Сверкая свежими ссадинами на коленках, бежит Олька Кучайка, наша любимая подружка. Она придумывает замечательные игры: в «партизан», в «госпиталь», в «разведку», в «допрос». Мы играем в «допрос» почти по-настоящему. Олька со свирепым видом спрашивает у меня: «Ваш пароль? Какой пароль у вашего партизанского отряда?» Я отвечаю, смело глядя ей, то есть гестаповцу, в рожу: «Ничего я вам, проклятые фашисты, не скажу, не выдам своих товарищей!» – «Отказываешься говорить?» – «Отказываюсь!» – «Ну ничего, мы заставим!» Они с Саней начинают будто бы выкручивать мне руки. «Будешь говорить?» – «Нет! Можете меня расстрелять!» Они с Саней ведут меня к забору, и я кричу: «Нас много! Всех не убьёте! Победа будет за нами!» Санька целится в меня из палки, и я будто бы падаю. Но чаще всё кончается хорошо, потому что играют ещё Ника с Валькой, и они «освобождают» меня в тот момент, когда «фашистская пуля» должна остановить сердце «смелой пионерки». Оказывается, партизаны следили за врагом и не бросили в беде товарища.
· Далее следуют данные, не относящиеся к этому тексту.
-- ===== src/Repository/Queries/Paging.antt =====
-- `query_incidents` of src/incident_platform/repository.py, page by page.
use agent_rca.Prelude.{
  ℕ, String, ◌≡◌, refl, ap, sym, ◌∙◌, Bool, true, false, none, some, List, [], ◌∷◌, ◌++◌, All, keep,
  take, arith, Bool-cases, inl, inr, not, ◌==◌, ◌&&◌, eq_iff, unique, mem,
}
use agent_rca.Outcome.{ok}
use agent_rca.Dict.{Dict, keys, values}
use agent_rca.Dict.Unique.{IsDict, IsAt, entries, insert-IsDict}
use agent_rca.Sort.{sort_by}
use agent_rca.Sort.Pairs.{pair_le_total, pair_le_trans, pair_le_antisym}
use agent_rca.Sort.Sorted.{
  IsOrder, sort_by-IsSorted, keep-sort_by, AreApart, keep-AreApart, sort_by-AreApart, keep_after,
}
use agent_rca.Incident.{Incident}
use agent_rca.Runtime.{Runtime}
use agent_rca.Repository.{Repository, empty}
use agent_rca.Repository.Calls.{Call, IsTimed, run, run-IsIndexed, run-Steps}
use agent_rca.Repository.Step.{
  Step, creates, updates, touches, gathers, freezes, publishes, records, Steps, done, step,
}
use agent_rca.Repository.Step.Index.{IsIndexed, empty-IsIndexed}
use agent_rca.Repository.Queries.{
  Filters, matches, selected, by_time, past_cursor, latest_first, query_incidents,
  validate_query_limit, read_cursor, within,
}

abbrev pub newer : Incident → Incident → Bool
newer = latest_first by_time

newer-IsOrder : IsOrder newer
newer-IsOrder = record {
  total = λ a b. pair_le_total (by_time b) (by_time a);
  trans = λ a b c h k. pair_le_trans (by_time c) (by_time b) (by_time a) k h;
}

abbrev other_id : Incident → Incident → Bool
other_id i j = not (i.incident_id == j.incident_id)

other_id_sym : (i j : Incident) → other_id i j ≡ true → other_id j i ≡ true
other_id_sym i j h =
    ground (arith, eq_iff i.incident_id j.incident_id, eq_iff j.incident_id i.incident_id)

newer_strict : (i j : Incident) → newer i j ≡ true → newer j i ≡ true → other_id i j ≡ true → ⊥
newer_strict i j h k o =
    ground (arith, pair_le_antisym (by_time i) (by_time j) k h, eq_iff i.incident_id j.incident_id)

keep-keep {ℓ} :
    {A : Type ℓ} (p q : A → Bool) (xs : List A) → keep (λ x. p x && q x) xs ≡ keep q (keep p xs)
keep-keep p q [] = refl
keep-keep p q (x ∷ xs) = elim (Bool-cases (p x)) [
  | inl e ↦ elim (Bool-cases (q x)) [
    | inl f ↦ rw (e, f, keep-keep p q xs) refl
    | inr f ↦ rw (e, f, keep-keep p q xs) refl
  ]
  | inr e ↦ rw (e, keep-keep p q xs) refl
]

keep_all {ℓ} : {A : Type ℓ} (p : A → Bool) (xs : List A) → keep (λ x. p x && true) xs ≡ keep p xs
keep_all p [] = refl
keep_all p (x ∷ xs) = elim (Bool-cases (p x)) [
  | inl e ↦ rw (e, keep_all p xs) refl
  | inr e ↦ rw (e, keep_all p xs) refl
]

others_apart :
    (i : Incident) (key : String) (es : Dict Incident)
    → i.incident_id ≡ key
    → mem key (keys es) ≡ false
    → All (λ e. e.1.incident_id ≡ e.0) es
    → All (λ j. other_id i j ≡ true) (values es)
unfolding mem
others_apart i key [] own m h = tt
others_apart i key ((k, j) ∷ es) own m h = (
  ground (arith, eq_iff i.incident_id j.incident_id, eq_iff key k, h.0),
  others_apart i key es own (ground arith) h.1,
)

values-AreApart :
    (d : Dict Incident)
    → IsDict d
    → All (λ e. e.1.incident_id ≡ e.0) d
    → AreApart other_id (values d)
unfolding unique
values-AreApart [] u h = tt
values-AreApart ((k, i) ∷ d) u h =
    (others_apart i k d h.0 (ground arith) h.1, values-AreApart d (ground arith) h.1)

own_ids :
    (r : Repository)
    → IsIndexed r
    → (es : Dict Incident) → All (IsAt r.incidents) es
    → All (λ e. e.1.incident_id ≡ e.0) es
own_ids r h [] at = tt
own_ids r h (e ∷ es) at = (h.own_id e.0 e.1 at.0, own_ids r h es at.1)

module _ (rt : Runtime) (f : Filters) (r : Repository) where
  -- All incidents that the filters select, the latest first.
  abbrev pub listing : List Incident
  listing = sort_by newer (keep (matches rt f) (values r.incidents))

  module _ (limit : ℕ) (fits : within limit 101 ≡ true) where
    -- A query without a cursor answers with the first `limit` rows of the listing, for a limit
    -- from 1 to 101, and writes nothing.
    pub first_page : query_incidents rt f none none limit r ≡ (ok (take limit listing), r)
    unfolding query_incidents validate_query_limit read_cursor
    first_page = rw (fits, keep_all (matches rt f) (values r.incidents)) refl

    next_page_lem :
        (c : Incident)
        → query_incidents rt f (some c.updated_at) (some c.incident_id) limit r
          ≡ (ok (take limit (sort_by newer (selected rt f (some (by_time c)) r))), r)
    unfolding query_incidents validate_query_limit read_cursor
    next_page_lem c = rw fits refl

    -- the page after an incident of the listing
    next_page :
        (seen : List Incident) (c : Incident) (ahead : List Incident)
        → IsIndexed r
        → IsDict r.incidents
        → listing ≡ seen ++ c ∷ ahead
        → query_incidents rt f (some c.updated_at) (some c.incident_id) limit r
          ≡ (ok (take limit ahead), r)
    next_page seen c ahead h d split =
        let apart =
          values-AreApart r.incidents d (own_ids r h r.incidents (entries r.incidents d)) in
        let apart' = keep-AreApart other_id (matches rt f) (values r.incidents) apart in
        let apart'' =
          sort_by-AreApart other_id newer other_id_sym (keep (matches rt f) (values r.incidents))
            apart' in
        let sorted =
          sort_by-IsSorted newer newer-IsOrder (keep (matches rt f) (values r.incidents)) in
        let rest : sort_by newer (selected rt f (some (by_time c)) r) ≡ ahead =
          ap (sort_by newer)
            (keep-keep (matches rt f) (past_cursor (some (by_time c))) (values r.incidents))
          ∙ (sym (
                keep-sort_by newer newer-IsOrder (past_cursor (some (by_time c)))
                  (keep (matches rt f) (values r.incidents)))
              ∙ (ap (keep (past_cursor (some (by_time c)))) split
                  ∙ keep_after other_id newer other_id_sym newer-IsOrder newer_strict seen c ahead
                      (rw (sym split) sorted) (rw (sym split) apart''))) in
        rw (next_page_lem c, rest) refl

Step-IsDict : {r s : Repository} → Step r s → IsDict r.incidents → IsDict s.incidents
Step-IsDict {r} (creates i stamp _ _ e) h = rw e (insert-IsDict i.incident_id i r.incidents h)
Step-IsDict {r} (updates id i j _ stamp _ _ _ e) h = rw e (insert-IsDict id j r.incidents h)
Step-IsDict {r} (touches id i j _ _ _ e) h = rw e (insert-IsDict id j r.incidents h)
Step-IsDict (gathers _ _ _ _ _ e) h = rw e h
Step-IsDict (freezes _ _ _ _ e) h = rw e h
Step-IsDict (publishes _ _ _ _ _ _ _ e) h = rw e h
Step-IsDict (records _ _ _ _ _ e) h = rw e h

Steps-IsDict : {r s : Repository} → Steps r s → IsDict r.incidents → IsDict s.incidents
Steps-IsDict done h = h
Steps-IsDict (step x p) h = Steps-IsDict p (Step-IsDict x h)

empty-IsDict : IsDict empty.incidents
unfolding empty unique
empty-IsDict = refl

-- After any calls that give creation a time with a timezone, a query from the cursor of an incident
-- in the listing, which has all incidents that the filters select, the latest first, answers with
-- exactly the next `limit` rows of the listing after that incident, for a limit from 1 to 101.
pub run-next_page :
    (rt : Runtime) (cs : List Call) (f : Filters) (limit : ℕ) (seen : List Incident) (c : Incident)
    (ahead : List Incident)
    → All IsTimed cs
    → within limit 101 ≡ true
    → listing rt f (run rt cs empty) ≡ seen ++ c ∷ ahead
    → query_incidents rt f (some c.updated_at) (some c.incident_id) limit (run rt cs empty)
      ≡ (ok (take limit ahead), run rt cs empty)
run-next_page rt cs f limit seen c ahead timed fits split =
    next_page rt f (run rt cs empty) limit fits seen c ahead (run-IsIndexed rt cs timed)
      (Steps-IsDict (run-Steps rt cs empty timed empty-IsIndexed) empty-IsDict) split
Потом мы меняемся ролями. Когда Олька бывает «пленной комсомолкой» (она на полтора года старше нас), то требует, чтобы её пытали больно, и мы делаем вид, что ужасно стараемся, а она бледнеет, произносит целую речь: «Лучше смерть, чем…», падает, как в театре, и не хочет, чтобы её освобождали. После «допроса» мы валяемся в траве, потому что надо отдышаться.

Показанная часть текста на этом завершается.